# EN: need + bare infinitive / need + to-infinitive



## Doobi

Bonjour!

Est il impératif de mettre le verbe à l'infinitif complet après need? ou cela dépend il de la situation?
Il me semblait que la formulation "after doing that we need now do this" était correcte mais un relecteur (francophone) a relevé cette phrase comme erreur...
qu 'en pensez vous?


----------



## cropje_jnr

En général il faut mettre l'infinitif, même si on entend parfois ta formulation aussi, surtout en Grande Brétagne.

_After doing that we now need to do this_ - c'est la formulation la plus courante chez les anglophones.


----------



## Rory Melough

"Having done that, we now need to do this" sounds better to me


----------



## pyan

I don't disagree that "to" is more common, but it is optional when "to need" means there is a duty to do something.   The Cambridge Advanced Learners' Dictionary gives these examples:


> [+ infinitive without _to_] I don't think we need ask him.
> Nothing need be done about this till next week.


These sound fairly formal to me as do all the other examples I can imagine.


----------



## Rory Melough

That's a subjunctive, definitely very formal !


----------



## Doobi

i'll probably keep this for the "duty" description and most formal parts. 
merci, thanks very much for your quick answers !


----------



## Hatchet

Je ne pense pas que ce soit un subjonctif, c'est plutôt "need" utilisé comme verbe auxiliaire , et il ne s'entend qu'à la forme négative:

 Having done that, we needn't  do this

 mais par contre

 Having done that, we need to do this


----------



## geostan

Tu as absolument raison. Ce n'est pas un subjonctif! Mais sans "to" le verbe est plutôt semi-auxiliaire, tout comme _pouvoir_ et _devoi_r. Avec "to", c'est un verbe tout court.

Et bien que je n'y aie jamais pensé, l'omission de "to" semble se limiter à des contextes négatifs.

Et les exemples de Pyan peuvent se dire avec "to", e.g. _Nothing needs to be done..._


----------



## timpeac

Doobi said:


> Est il impératif de mettre le verbe à l'infinitif complet après need? ou cela dépend il de la situation?

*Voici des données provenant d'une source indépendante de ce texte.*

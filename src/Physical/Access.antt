-- ===== src/Physical/Access.antt =====
-- Reading and writing a header that is not at null.
use black_diamond_os.Prelude.{ℕ, ◌<◌, ◌≡◌, true, arith, ne→not_eqb}
use black_diamond_os.Machine.{update, done}
use black_diamond_os.Physical.{Block, Phys, load, store, check_phys_block, intact}

module _ (p : ℕ) (s : Phys) (pos : 0 < p) where
  pub load-done : load p s ≡ done (s.blocks p) s
  unfolding load
  load-done = rw (ne→not_eqb p 0 (omega arith))

  pub store-done :
      (f : Block → Block)
      → store p f s ≡ done tt (record s { blocks = update s.blocks p (f (s.blocks p)) })
  unfolding store
  store-done f = rw (ne→not_eqb p 0 (omega arith))

  pub check-done : intact (s.blocks p) ≡ true → check_phys_block p s ≡ done tt s
  unfolding check_phys_block
  check-done h = rw (load-done, h)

Non, ça va très bien - mais il faut une virgule - "after doing that, we need now do this". J'ai dû lire ta phrase deux fois pour bien comprendre - je me suis dit "mais qu'est-ce que c'est "that we" (sous le modèle de "ce que" par exemple) la première fois ! Mais, pour raison inconnue (pour moi) si on utilisait l'infinitif il faudrait déplacer le "now" - "after doing that, we need to do this now".


----------



## Mag88

Hi all,

I have 2 questions concerning the following sentence:
"The boundary of the systems *need not be simply connected* and the systems may therefore contain holes."

1. Why *"need"* and not *"needs"*? The subject is a singular so shouldn't the verb finish by *'s'*?

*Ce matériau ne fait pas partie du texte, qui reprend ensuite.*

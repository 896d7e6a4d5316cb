-- ===== src/Physical/Split.antt =====
-- `_make_new_block`: the new block takes the front of the free bytes behind the selected one.
use black_diamond_os.Prelude.{
  ℕ, ◌+◌, ◌-◌, ◌≤◌, ◌<◌, ◌≡◌, refl, List, [], ◌∷◌, ◌++◌, false, ◌∙◌, sym, arith, ◌==◌, ne→not_eqb,
  eq→eqb, u64, ◌^◌,
}
use black_diamond_os.Machine.{Memory, update, done}
use black_diamond_os.Physical.{Block, Phys, load, store, header_size, make_new_block}
use black_diamond_os.Physical.Access.{load-done, store-done}
use black_diamond_os.Physical.Regions.{Region, All, All-mono, end_of, Spaced}
use black_diamond_os.Physical.Chain.{
  Linked, Linked_split, Linked-append, Represents, header, first_of, last_of, last_of-append,
  first_of-append, frame, Spaced-above, Spaced-lt, Spaced-split, Spaced-replace,
}

-- the selected block afterwards, and the new one
abbrev pub shrunk : Region → Region
shrunk r = record r { free = 0 }

abbrev pub carved : ℕ → Region → Region
carved size r = record {
  addr = r.addr + r.size + header_size;
  size = size - header_size;
  free = r.free - size;
}

-- memory afterwards
abbrev pub relinked : Memory Block → Region → List Region → Memory Block
relinked m new [] = m
relinked m new (q ∷ qs) = update m q.addr (header new.addr q (first_of qs 0))

abbrev split_memory : Memory Block → ℕ → ℕ → Region → List Region → Memory Block
split_memory m size prev r after =
    let new = carved size r in
    update (relinked (update m new.addr (header r.addr new (first_of after 0))) new after) r.addr
      (header prev (shrunk r) new.addr)

-- what the code reads and tests on its way
record Site (s : Phys) (size prev : ℕ) (r : Region) (after : List Region) : Type 0 where
  here : s.blocks r.addr ≡ header prev r (first_of after 0)
  rest : Linked s.blocks r.addr after 0
  last : s.final_block ≡ last_of r.addr after
  pos : 0 < r.addr
  room : Spaced (end_of r) after
  header_fits : header_size ≤ size
  fits : size ≤ r.free

make_last :
    (s : Phys) (size prev : ℕ) (r : Region)
    → Site s size prev r []
    → make_new_block size r.addr s
      ≡ done (carved size r).addr (record s {
        blocks = split_memory s.blocks size prev r [];
        final_block = (carved size r).addr;
      })
unfolding make_new_block load store
make_last s size prev r v = ground arith

-- the last block of a spaced list lies above its lower bound
pub last-above :
    (lo : ℕ) (q : Region) (qs : List Region) → Spaced lo (q ∷ qs) → lo ≤ last_of q.addr qs
last-above lo q [] sp = sp.0
last-above lo q (x ∷ xs) sp = omega (arith, last-above (end_of q) x xs sp.2)

-- the 64-bit arithmetic does not wrap
no_wrap :
    {s : Phys} {size prev : ℕ} {r : Region} (after : List Region)
    → Site s size prev r after
    → end_of r < 2 ^ 64
no_wrap {r} after v = Spaced-lt (end_of r) after v.room

make_middle :
    (s : Phys) (size prev : ℕ) (r q : Region) (qs : List Region)
    → Site s size prev r (q ∷ qs)
    → make_new_block size r.addr s
      ≡ done (carved size r).addr (record s { blocks = split_memory s.blocks size prev r (q ∷ qs) })
unfolding make_new_block
make_middle s size prev r q qs v =
    let new = carved size r in
    let addr_eq : u64 (r.addr + r.size + header_size) ≡ new.addr =
      omega (arith, no_wrap (q ∷ qs) v) in
    let size_eq : u64 (size + 2 ^ 64 - header_size) ≡ new.size =
      omega (arith, no_wrap (q ∷ qs) v) in
    let free_eq : u64 (r.free + 2 ^ 64 - size) ≡ new.free = omega (arith, no_wrap (q ∷ qs) v) in
    let not_final : (r.addr == s.final_block) ≡ false =
      ne→not_eqb _ _ (omega (arith, last-above (end_of r) q qs v.room, v.last)) in
    rw (load-done r.addr s v.pos, v.here, addr_eq)
      (rw (store-done new.addr s (omega arith), not_final)
        (rw (store-done q.addr _ (omega arith)) (
          rw (store-done r.addr _ v.pos) (
            rw (
              size_eq,
              free_eq,
              ne→not_eqb q.addr new.addr (omega arith),
              v.rest.0,
              ne→not_eqb r.addr q.addr (omega arith),
              ne→not_eqb r.addr new.addr (omega arith),
              v.here,
            )))))

module _ (m : Memory Block) (size prev : ℕ) (r : Region) (h : header_size ≤ size)
    (f : size ≤ r.free) where
  split_below :
      (after : List Region) (a : ℕ)
      → a < r.addr
      → Spaced (end_of r) after
      → split_memory m size prev r after a ≡ m a
  split_below [] a h sp = ground arith
  split_below (q ∷ qs) a h sp = ground arith

  split_here :
      (after : List Region)
      → split_memory m size prev r after r.addr ≡ header prev (shrunk r) (carved size r).addr
  split_here after = rw (eq→eqb r.addr r.addr refl)

  split_carved :
      (after : List Region)
      → Spaced (end_of r) after
      → split_memory m size prev r after (carved size r).addr
        ≡ header r.addr (carved size r) (first_of after 0)
  split_carved [] sp = ground arith
  split_carved (q ∷ qs) sp = ground arith

  split_after :
      (after : List Region)
      → Spaced (end_of r) after
      → Linked m r.addr after 0
      → Linked (split_memory m size prev r after) (carved size r).addr after 0
  split_after [] sp l = tt
  split_after (q ∷ qs) sp l = (
    rw (ne→not_eqb q.addr r.addr (omega arith), eq→eqb q.addr q.addr refl),
    frame m _ q.addr 0 qs l.1
        (All-mono _ _ qs (λ a k. ground arith) (Spaced-above (end_of q) qs sp.2)),
  )

  split_Linked :
      (before after : List Region)
      → prev ≡ last_of 0 before
      → All (λ (q : Region). end_of q ≤ r.addr) before
      → Spaced (end_of r) after
      → Linked m 0 before r.addr
      → Linked m r.addr after 0
      → Linked (split_memory m size prev r after) 0 (before ++ (shrunk r ∷ carved size r ∷ after)) 0
  split_Linked before after e below sp front back =
      Linked-append _ 0 before (shrunk r) (carved size r ∷ after) 0
        (frame m _ 0 r.addr before front
          (All-mono _ _ before (λ q k. split_below after q.addr (omega arith) sp) below))
        (rw (← e) (split_here after, (split_carved after sp, split_after after sp back)))

-- Where the regions lie after a split.
split-Spaced :
    (size : ℕ) (before : List Region) (r : Region) (after : List Region)
    → Spaced 0 (before ++ (r ∷ after))
    → header_size ≤ size
    → size ≤ r.free
    → Spaced 0 (before ++ (shrunk r ∷ carved size r ∷ after))
split-Spaced size before r after sp h f =
    let (below, low, pos, above) = Spaced-split 0 before r after sp in
    let same : end_of r ≡ end_of (carved size r) = omega arith in
    Spaced-replace 0 before r after (shrunk r ∷ carved size r ∷ after) sp
      (omega arith, pos, (omega arith, omega arith, rw same at above))

Represents-Site :
    (s : Phys) (size : ℕ) (before : List Region) (r : Region) (after : List Region)
    → Represents s (before ++ (r ∷ after))
    → header_size ≤ size
    → size ≤ r.free
    → Site s size (last_of 0 before) r after
Represents-Site s size before r after v h f =
    let (below, low, pos, above) = Spaced-split 0 before r after v.spaced in
    let (front, back) = Linked_split s.blocks 0 before r after 0 v.linked in
    record {
      here = back.0;
      rest = back.1;
      last = v.final ∙ last_of-append 0 before (r ∷ after);
      pos = pos;
      room = above;
      header_fits = h;
      fits = f;
    }

make_new_block-done :
    (s : Phys) (size : ℕ) (before : List Region) (r : Region) (after : List Region)
    → Site s size (last_of 0 before) r after
    → (s' : Phys) × (make_new_block size r.addr s ≡ done (carved size r).addr s')
      × (s'.blocks ≡ split_memory s.blocks size (last_of 0 before) r after)
      × (s'.first_block ≡ s.first_block)
      × (s'.final_block ≡ last_of (carved size r).addr after)
make_new_block-done s size before r [] v = (_, make_last s size _ r v, refl, refl, refl)
make_new_block-done s size before r (q ∷ qs) v =
    (_, make_middle s size _ r q qs v, refl, refl, v.last)

pub make_new_block-Represents :
    (s : Phys) (size : ℕ) (before : List Region) (r : Region) (after : List Region)
    → Represents s (before ++ (r ∷ after))
    → header_size ≤ size
    → size ≤ r.free
    → (s' : Phys) × (make_new_block size r.addr s ≡ done (carved size r).addr s')
      × Represents s' (before ++ (shrunk r ∷ carved size r ∷ after))
make_new_block-Represents s size before r after v h f =
    let (below, low, pos, above) = Spaced-split 0 before r after v.spaced in
    let (front, back) = Linked_split s.blocks 0 before r after 0 v.linked in
    let (s', runs, memory, first, final) =
      make_new_block-done s size before r after (Represents-Site s size before r after v h f) in
    (
      s',
      runs,
      record {
        linked =
            rw memory
              (split_Linked s.blocks size _ r h f before after refl below above front back.1);
        first =
            first
            ∙ v.first
            ∙ first_of-append before r after 0
            ∙ sym (first_of-append before (shrunk r) (carved size r ∷ after) 0);
        final = final ∙ sym (last_of-append 0 before (shrunk r ∷ carved size r ∷ after));
        spaced = split-Spaced size before r after v.spaced h f;
      },
    )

2. Why not *''need to not be..."*? Is it possible to use the verb 'need' without 'to'?

Thanks a lot

Mag


----------



## Oddmania

Salut,

Le mot _need _pour s'employer comme un verbe _(It doesn't need to be simply connected)_ ou un auxiliaire_ (It nee*d* not be simply connected)._ 
Dans ce cas, il est suivi de _not _à la forme négative et reste invariable, tout comme vous diriez_ It mus*t*/It ma*y*/It migh*t*/It ca*n*,_ etc...


----------



## Mag88

Thanks Oddmania. It makes sense now!
This situation is fairly common with must, may,... But it is the first time I see it with 'need'.

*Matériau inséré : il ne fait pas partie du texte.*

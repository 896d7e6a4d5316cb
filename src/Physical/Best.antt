-- ===== src/Physical/Best.antt =====
-- The best-fit rule: what the loop of phys_alloc selects is a block that fits with the least free
-- memory, and null only when no block fits.
use black_diamond_os.Prelude.{
  ℕ, zero, suc, ◌≤◌, ◌<◌, ◌≡◌, refl, List, [], ◌∷◌, inl, inr, true, false, ap, length, arith,
  Bool-cases, ne→not_eqb,
}
use black_diamond_os.Machine.{done}
use black_diamond_os.Physical.{Phys, load, check_phys_block, better, scan}
use black_diamond_os.Physical.Regions.{Region, end_of, All-mono, Spaced, best, Pick, kept, found}
use black_diamond_os.Physical.Chain.{Linked, first_of}

-- the loop's test, as inequalities
better-true :
    (size free sel sel_free : ℕ)
    → better size free sel sel_free ≡ true
    → (size ≤ free) × ((0 < sel) → free < sel_free)
unfolding better
better-true size free sel sel_free h = ground arith

better-false :
    (size free sel sel_free : ℕ)
    → better size free sel sel_free ≡ false
    → size ≤ free
    → (0 < sel) × (sel_free ≤ free)
unfolding better
better-false size free sel sel_free h = ground arith

-- A block that the test takes is the selection from then on, unless a later one beats it.
Pick-taken :
    (size sel free : ℕ) (r : Region) (rs : List Region) (result : ℕ)
    → 0 < r.addr
    → better size r.free sel free ≡ true
    → Pick size r.addr r.free rs result
    → Pick size sel free (r ∷ rs) result
Pick-taken size sel free r rs result pos t (kept e none) =
    let b = better-true size r.free sel free t in
    found [] r rs refl e
      (record { fits = b.0; least = (λ h. omega arith, All-mono _ _ rs (λ q h k. (h k).1) none) })
      b.1
Pick-taken size sel free r rs result pos t (found before x after split e is less) =
    let b = better-true size r.free sel free t in
    found (r ∷ before) x after (ap (λ l. r ∷ l) split) e
      (record { fits = is.fits; least = (λ h. omega (arith, less pos), is.least) })
      (λ h. omega (arith, less pos, b.1 h))

-- A block that the test passes over changes nothing.
Pick-passed :
    (size sel free : ℕ) (r : Region) (rs : List Region) (result : ℕ)
    → better size r.free sel free ≡ false
    → Pick size sel free rs result
    → Pick size sel free (r ∷ rs) result
Pick-passed size sel free r rs result f (kept e none) =
    kept e (better-false size r.free sel free f, none)
Pick-passed size sel free r rs result f (found before x after split e is less) =
    found (r ∷ before) x after (ap (λ l. r ∷ l) split) e
      (record {
        fits = is.fits;
        least = (
          λ h. let p = better-false size r.free sel free f h in omega (arith, less (p.0), p.1),
          is.least,
        );
      })
      less

pub best-Pick :
    (size sel free lo : ℕ) (rs : List Region)
    → Spaced lo rs
    → Pick size sel free rs (best size sel free rs)
unfolding best
best-Pick size sel free lo [] sp = kept refl tt
best-Pick size sel free lo (r ∷ rs) sp = elim (Bool-cases (better size r.free sel free)) [
  | inl h ↦ rw h (Pick-taken size sel free r rs _ sp.1 h (best-Pick size _ _ (end_of r) rs sp.2))
  | inr h ↦ rw h (Pick-passed size sel free r rs _ h (best-Pick size _ _ (end_of r) rs sp.2))
]

-- The loop walks the whole chain and selects by `best`; it ends within one round for each block.
pub scan-best :
    (fuel size prev sel : ℕ) (s : Phys) (lo : ℕ) (rs : List Region)
    → Linked s.blocks prev rs 0
    → Spaced lo rs
    → length rs < fuel
    → scan fuel size (first_of rs 0) sel s
      ≡ done (best size sel (s.blocks sel).free_mem_following rs) s
unfolding scan best check_phys_block load
scan-best zero size prev sel s lo rs l sp h = absurd (omega arith)
scan-best (suc fuel) size prev sel s lo [] l sp h = refl
scan-best (suc fuel) size prev sel s lo (r ∷ rs) l sp h =
    let again =
      λ (sel' : ℕ). scan-best fuel size r.addr sel' s (end_of r) rs l.1 sp.2 (omega arith) in
    rw (ne→not_eqb r.addr 0 (omega arith), l.0)
      (rw l.0 (elim (Bool-cases (better size r.free sel (s.blocks sel).free_mem_following)) [
        | inl t ↦ rw t (rw l.0 at (again r.addr))
        | inr f ↦ rw f (again sel)
      ]))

So is there any difference in meaning between: "It need not be simply connected" and "It does not need to be simply connected"? Or is it exactly the same?


----------



## Zolina

Je veux dire que:

"after doing that we need now do this" 
"after doing that we need now to do this"  (C'est pas mauvais, mais pas idiomatique)
"after doing that we need do this" 
"after doing that we need to do this" 

donc, c'est plus l'adverbe qui décide, comme Oddmania a dit. C'est comme Hatchet a dit, avec le "not". Mais je répète. 

Aussi: 





> So is there any difference in meaning between: "It need not be simply  connected" and "It does not need to be simply connected"? Or is it  exactly the same?



"It need not be simply connected" est beaucoup plus élégant, presque trop élégant pour l'oral (mais pas interdit!).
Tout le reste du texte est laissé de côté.